In the first quarter of 2018, new Windows 10 laptop devices featuring the Qualcomm Snapdragon 835 hit the market. While the appeal of having smartphone-esque processors powering these machines came with some excellent features (fantastic battery life and always-on LTE, for instance), the overall performance of these laptops was a bit underwhelming given that the 835 is a mid-2017 processor that’s a bit out-of-date.
At Computex 2018, however, Qualcomm made some noise by rolling out the Snapdragon 850, which the company says is a chip that has been specially designed for laptop use rather than the more common mobile devices (phones, tablets) of the past. That’s not to say that the 850 isn’t heavily inspired by its mobile sibling the 845, however, as it boasts the same Kryo 385 CPU, Adreno 630 GPU and X20 LTE modem as its immediate predecessor. With a clock speed of 2.95 GHz, the Snapdragon 850 gets a modest boost of nearly 30 percent over the 845, and Qualcomm also says the chip boasts 20 percent more battery life as well, with some speculating that the real-world performance could lead to as much as 18 hours of life on a single charge on stock batteries.
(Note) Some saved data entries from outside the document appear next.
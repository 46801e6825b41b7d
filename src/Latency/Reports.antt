-- ===== src/Latency/Reports.antt =====
-- When a trace is logged, and how often.
use automatamain.Base.{
  ℕ, ◌+◌, ◌≤◌, ◌≡◌, refl, arith, Option, none, some, List, [], ◌∷◌, if◌then◌else◌, ◌==◌,
  Option-cases, inl, inr,
}
use automatamain.Base.Assoc.{get?, insert, get?-insert, upsert}
use automatamain.Latency.{
  Trace, Registry, Report, note_done, note_sent, change_trace, log_of, forget, on_created,
  on_score_done, on_gate, on_sent, mark_wallet_done,
}

-- What the buy path tells the registry.
pub data Event : Type 0 where
  created score_done gate : (mint : ℕ) → Event
  sent done : (mint wallet_id : ℕ) → Event

abbrev pub on_event : ℕ → Event → Registry → Registry × Option Report
on_event now (created mint) g = (on_created now mint g, none)
on_event now (score_done mint) g = (on_score_done now mint g, none)
on_event now (gate mint) g = (on_gate now mint g, none)
on_event now (sent mint wallet_id) g = (on_sent now mint wallet_id g, none)
on_event now (done mint wallet_id) g = mark_wallet_done now mint wallet_id g

abbrev count_report : ℕ → Option Report → ℕ
count_report mint none = 0
count_report mint (some r) = if r.mint == mint then 1 else 0

-- How often a mint is logged over timed events.
abbrev pub reports_of : ℕ → List (ℕ × Event) → Registry → ℕ
reports_of mint [] g = 0
reports_of mint ((now, e) ∷ rest) g =
    count_report mint (on_event now e g).1 + reports_of mint rest (on_event now e g).0

-- How often a mint is created.
abbrev creates : ℕ → Event → ℕ
creates mint (created a) = if a == mint then 1 else 0
creates mint _ = 0

abbrev pub creations_of : ℕ → List (ℕ × Event) → ℕ
creations_of mint [] = 0
creations_of mint ((now, e) ∷ rest) = creates mint e + creations_of mint rest

abbrev pub traced : ℕ → Registry → ℕ
traced mint g = elim (get? mint g) [ none ↦ 0 | some t ↦ 1 ]

get?-forget :
    (mint a : ℕ) (g : Registry) → get? a (forget mint g) ≡ (if mint == a then none else get? a g)
unfolding get?
get?-forget mint a [] = ground arith
get?-forget mint a ((k, t) ∷ g) = ground (arith, get?-forget mint a g)

done_once :
    (now a wallet_id mint : ℕ) (g : Registry)
    → count_report mint (mark_wallet_done now a wallet_id g).1
        + traced mint (mark_wallet_done now a wallet_id g).0
      ≤ traced mint g
unfolding mark_wallet_done
done_once now a wallet_id mint g = elim (Option-cases (get? a g)) [
  | inl absent ↦ ground (arith, absent)
  | inr (t, found) ↦
      let marked = note_done now wallet_id t in
      ground (arith, found, get?-insert a mint marked g, get?-forget a mint (insert a marked g))
]

created_once :
    (now a mint : ℕ) (g : Registry)
    → traced mint (on_created now a g) ≤ traced mint g + (if a == mint then 1 else 0)
unfolding on_created
created_once now a mint g = elim (Option-cases (get? a g)) [
  | inl absent ↦
      let fresh : Trace = record { created = now; score_done = none; gate = none; wallets = [] } in
      ground (arith, absent, get?-insert a mint fresh g)
  | inr (t, found) ↦ ground (arith, found)
]

change-traced :
    (a mint : ℕ) (f : Trace → Trace) (g : Registry)
    → traced mint (change_trace a f g) ≡ traced mint g
change-traced a mint f g = elim (Option-cases (get? a g)) [
  | inl absent ↦ ground (arith, absent)
  | inr (t, found) ↦ ground (arith, found, get?-insert a mint (f t) g)
]

event_once :
    (now mint : ℕ) (e : Event) (g : Registry)
    → count_report mint (on_event now e g).1 + traced mint (on_event now e g).0
      ≤ traced mint g + creates mint e
unfolding on_score_done on_gate on_sent
event_once now mint (created a) g = ground (arith, created_once now a mint g)
event_once now mint (score_done a) g =
    ground (arith, change-traced a mint (λ t. record t { score_done = some now }) g)
event_once now mint (gate a) g =
    ground (arith, change-traced a mint (λ t. record t { gate = some now }) g)
event_once now mint (sent a wallet_id) g =
    ground (arith, change-traced a mint (note_sent now wallet_id) g)
event_once now mint (done a wallet_id) g = ground (arith, done_once now a wallet_id mint g)

-- Over any events a mint is logged at most as often as it is created, and once more if it is traced at
-- the start.
reports_le_creations :
    (mint : ℕ) (events : List (ℕ × Event)) (g : Registry)
    → reports_of mint events g ≤ traced mint g + creations_of mint events
reports_le_creations mint [] g = omega arith
reports_le_creations mint ((now, e) ∷ rest) g =
    ground (arith, event_once now mint e g, reports_le_creations mint rest (on_event now e g).0)

first_sent :
    (now mint wallet_id : ℕ) (g : Registry) (t : Trace)
    → get? mint g ≡ some t
    → t.wallets ≡ []
    → get? mint (on_sent now mint wallet_id g)
      ≡ some (record t { wallets = (wallet_id, record { sent = some now; confirmed = none }) ∷ [] })
unfolding on_sent upsert insert get?
first_sent now mint wallet_id g t found no_wallets =
    ground (arith, found, no_wallets, get?-insert mint mint (note_sent now wallet_id t) g)

first_done :
    (now sent_at mint wallet_id : ℕ) (g : Registry) (t : Trace)
    → get? mint g ≡ some t
    → t.wallets ≡ (wallet_id, record { sent = some sent_at; confirmed = none }) ∷ []
    → ((mark_wallet_done now mint wallet_id g).1
        ≡ some (
            log_of mint (record t {
              wallets = (wallet_id, record { sent = some sent_at; confirmed = some now }) ∷ [];
            })))
      × (get? mint (mark_wallet_done now mint wallet_id g).0 ≡ none)
unfolding mark_wallet_done upsert insert get?
first_done now sent_at mint wallet_id g t found wallets =
    ground
      (arith, found, wallets, get?-forget mint mint (insert mint (note_done now wallet_id t) g))

-- Where a traced mint has no wallet yet, and the buy of its first wallet is done before another is sent,
-- the log is of this wallet alone; and whatever else is told of the mint, none of it is logged before the
-- mint is created again.
pub later_wallets_lost :
    (sent_at done_at mint wallet_id : ℕ) (later : List (ℕ × Event)) (g : Registry) (t : Trace)
    → get? mint g ≡ some t
    → t.wallets ≡ []
    → creations_of mint later ≡ 0
    → ((mark_wallet_done done_at mint wallet_id (on_sent sent_at mint wallet_id g)).1
        ≡ some (
            log_of mint (record t {
              wallets = (wallet_id, record { sent = some sent_at; confirmed = some done_at }) ∷ [];
            })))
      × (reports_of mint later
            (mark_wallet_done done_at mint wallet_id (on_sent sent_at mint wallet_id g)).0
          ≡ 0)
later_wallets_lost sent_at done_at mint wallet_id later g t found no_wallets no_creation =
    let sent_first = first_sent sent_at mint wallet_id g t found no_wallets in
    let (logged, gone) =
      first_done done_at sent_at mint wallet_id (on_sent sent_at mint wallet_id g) _ sent_first
        refl in
    (
      logged,
      ground (
        arith,
        gone,
        no_creation,
        reports_le_creations mint later
            (mark_wallet_done done_at mint wallet_id (on_sent sent_at mint wallet_id g)).0,
      ),
    )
Putting these chips in laptops comes with a unique advantage. Due to the superior cooling options and larger chassis in these devices, it’s far less likely that these chips will suffer from thermal throttling than they would in a smartphone body. The always-on technology will also allow Windows 10 machines powered by these chips to both play and capture videos in 4K and make use of HDR technology.
As far as operating system issues are concerned, the latest Windows 10 update has optimizations that seem like they were designed to specifically help the Snapdragon 850, such as support for 64-bit ARM processors in Edge.
With the innovation curve beginning to flatten out for processors based on x86 architecture, manufacturers are starting to look to other alternatives to move the industry forward. Apple has been featuring Macbooks with ARM-based processing in them for some time, and recent reports suggest that they could begin moving their desktop line to proprietary, in-house ARM processors as early as 2020. The technology is quickly growing beyond the “mobile only” market and companies like Qualcomm are looking to get on that bandwagon and get their chips into devices as well.
It’s not all good news for Qualcomm, though. While the Snapdragon 850 looks like a promising chip, the bottleneck doesn’t have anything to with silicon but instead with laptop manufacturers being slow to implement designs featuring the new processors. There’s always hesitation on the part of manufacturers when it comes to new chips (just ask AMD about first-generation Ryzen), and given the lag between the announcement of the Snapdragon 835 and machines that actually had the chip inside, it will likely be Spring 2019 before we start seeing Windows 10 laptops with the 850 inside.
That said, the 850 is the first significant chip that looks to give consumers a viable alternative to other x86-based processors.